6. the ensemble learning-based zero-sample hash retrieval method according to claim 5, wherein in step S5, the process of obtaining the ensemble model is:

respectively training the model by using the training sets A, B and A + B to obtain three different model weights w₁、w₂And w₃And obtaining the final integrated model weight by using an averaging method:

7. the ensemble learning-based zero-sample hash retrieval method according to claim 6, wherein in step S6, the process of calculating the retrieval accuracy of the ensemble model on the test set is as follows:

s61: calculating Hamming distances between the query image hash code and all image hash codes in the database;

s62: sorting the hash codes in the database from small to large according to the Hamming distance from the query image, sequentially judging whether the image and the text belong to the same type according to the label, wherein the retrieval is correct when the image and the text belong to the same type, and calculating the AP value according to the result:

overall search index:

average accuracy:

wherein i represents the ith test set picture; i is the number of the test set pictures, and k represents the sequencing position in a retrieval list obtained when the ith picture is used as a query picture; p_kFor the accuracy of the first k results, i.e.
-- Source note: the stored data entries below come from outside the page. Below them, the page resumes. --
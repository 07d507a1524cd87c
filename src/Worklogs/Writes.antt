-- ===== src/Worklogs/Writes.antt =====
-- The writes of internal/server/jira_worklog.go. A run takes the events up to it and gives the
-- events after it, with its result.
use external_gateway.Prelude.{
  ℕ, ℤ, ◌+◌, ◌-◌, ◌*◌, ◌/◌, Bool, true, false, not, ◌&&◌, ◌||◌, Bytes, List, [], ◌∷◌, ◌++◌, Option,
  none, some, codes, str_eq, Map, lookup, is_some, Result, ok, err, ltb, leb, ◌==◌, if◌then◌else◌,
  length, take, trim_space,
}
use external_gateway.Value.{Params, as_string}
use external_gateway.Config.{Workspace}
use external_gateway.Workcal.{Date, weekday, holiday_name, is_working_day}
use external_gateway.Worklogs.{
  User, Worklog, IssueRef, parent_key, worklog_id, issue_id, NewWorklog, ChangedWorklog, Event,
  get_myself, get_issue, get_user, get_worklog, post_worklog, put_worklog, delete_worklog, Upstream,
  WorklogError, upstream, no_account, key_or_activity, unknown_activity, hours_missing,
  issue_number_shape, worklog_id_shape, other_issue, not_own, unreadable_date, nothing_to_change,
}
use external_gateway.Worklogs.Entries.{
  Entry, to_entry, Note, day_note, issue_id_number, or_default, Activity, plan_new, new_worklog,
  plan_change, Change,
}
use external_gateway.Worklogs.Params.{
  scoped_issue_key, is_number, string_param, param_hours, param_date, tempo_start_time, parse_date,
  parse_int,
}
pub mod Reads
pub mod Own
pub mod Added

abbrev pub Run : Type 0 → Type 0
Run A = List Event → Result WorklogError A × List Event

abbrev pub resume : {A B : Type 0} → Result WorklogError A → (A → Run B) → Run B
resume (ok a) f log = f a log
resume (err e) f log = (err e, log)

infixl 5 ◌>>=◌ ◌>>◌
abbrev pub ◌>>=◌ : {A B : Type 0} → Run A → (A → Run B) → Run B
(m >>= f) log = resume (m log).0 f (m log).1

abbrev pub ◌>>◌ : {A B : Type 0} → Run A → Run B → Run B
m >> k = m >>= λ _. k

-- A step that asks nobody.
abbrev pub local : {A : Type 0} → Result WorklogError A → Run A
local r log = (r, log)

abbrev pub require : Bool → WorklogError → Result WorklogError (Unit {0})
require true e = ok tt
require false e = err e

-- The error of `do`, with the upstream's message.
abbrev pub answer : {A : Type 0} → Result Bytes A → Result WorklogError A
answer (ok a) = ok a
answer (err message) = err (upstream message)

-- `do`: a request, with its reply written to the log.
abbrev pub call : {A : Type 0} → (List Event → Result Bytes A) → (Result Bytes A → Event) → Run A
call reply event log = (answer (reply log), log ++ event (reply log) ∷ [])

pub record AddReply : Type 0 where
  pub worklog : Entry
  pub activity : Bytes
  pub note : Note

pub record UpdateReply : Type 0 where
  pub before : Entry
  pub worklog : Entry
  pub note : Note

module _ (api : Upstream) where
  unfoldable pub myself : Run User
  myself = do
    u ← call api.myself get_myself
    local (require (not (str_eq u.account_id [])) no_account)
    local (ok u)

  unfoldable pub issue : Bytes → Bytes → Run IssueRef
  issue key fields = call (api.issue key fields) (get_issue key fields)

  abbrev shown_name : Bytes → Result Bytes User → Bytes
  shown_name account (err message) = account
  shown_name account (ok u) = or_default u.display_name account

  unfoldable pub user_name : Bytes → Run Bytes
  user_name account log = (
    ok (shown_name account (api.user account log)),
    log ++ get_user account (api.user account log) ∷ [],
  )

  -- `addWorklog`, with what `readWorklogActivities` answers.
  unfoldable pub add_worklog :
      Result WorklogError (Map Activity) → Date → Workspace → Params → Run AddReply
  unfolding issue myself plan_new issue_id_number new_worklog to_entry day_note
  add_worklog acts today ws params = do
    plan ← local (plan_new acts today ws params)
    iss ← issue plan.key (codes "summary")
    number ← local (issue_id_number iss)
    me ← myself
    created ←
        call (api.post (new_worklog number me plan params))
          (post_worklog (new_worklog number me plan params))
    e ← local (
        to_entry created
          (record { id = []; key = iss.key; summary = []; issue_type = []; parent = none }))
    local (
        ok (record {
          worklog = e;
          activity = string_param params (codes "activity");
          note = day_note plan.date;
        }))

  -- A worklog of another author is refused, by the author's name.
  unfoldable pub refuse_other : Bytes → User → Worklog → Run (Unit {0})
  unfolding user_name
  refuse_other id me w =
      if str_eq w.author me.account_id
      then local (ok tt)
      else (user_name w.author >>= λ name. local (err (not_own id name)))

  -- `ownWorklog`
  unfoldable pub own_worklog : Workspace → Params → Run (IssueRef × Worklog)
  unfolding myself issue user_name scoped_issue_key is_number string_param issue_id
  own_worklog ws params =
      let key = string_param params (codes "key") in
      let id = string_param params (codes "worklog_id") in
      do
        local (scoped_issue_key ws key)
        local (require (is_number id) worklog_id_shape)
        me ← myself
        w ← call (api.worklog id) (get_worklog id)
        iss ← issue key (codes "summary")
        local (require (str_eq iss.id (issue_id w)) (other_issue id key))
        refuse_other id me w
        local (ok (iss, w))

  unfoldable pub update_worklog : Date → Workspace → Params → Run UpdateReply
  unfolding own_worklog plan_change to_entry day_note
  update_worklog today ws params = do
    (iss, old) ← own_worklog ws params
    change ← local (plan_change today params iss old)
    updated ← call (api.put (worklog_id old) change.body) (put_worklog (worklog_id old) change.body)
    after ← local (to_entry updated iss)
    local (ok (record { before = change.before; worklog = after; note = day_note change.date }))

  unfoldable pub delete_worklog_of : Workspace → Params → Run Entry
  unfolding own_worklog to_entry
  delete_worklog_of ws params = do
    (iss, old) ← own_worklog ws params
    e ← local (to_entry old iss)
    call (api.delete (worklog_id old)) (delete_worklog (worklog_id old))
    local (ok e)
rel_kThe picture at the position k is represented as 1 if the picture is related to the retrieval picture; otherwise, it is 0; m represents the number of pictures having the same label as the retrieved picture in the entire sorted list.

8. The ensemble learning-based zero-sample hash retrieval method according to claim 7, wherein in step S61, the hamming distance is obtained by xoring and summing the hash code words on the corresponding bits, i.e. the number of symbols with different values.

9. The ensemble learning-based zero-sample hash retrieval method according to claim 8, wherein in step S62, if picture a and picture b have the same label, picture a and picture b are related.

10. The ensemble learning-based zero sample hash retrieval method of any one of claims 1 to 9, wherein the dimension of the high-dimensional real numbers for extracting the image samples in the training set using the VGG-16 model is 4096-dimensional.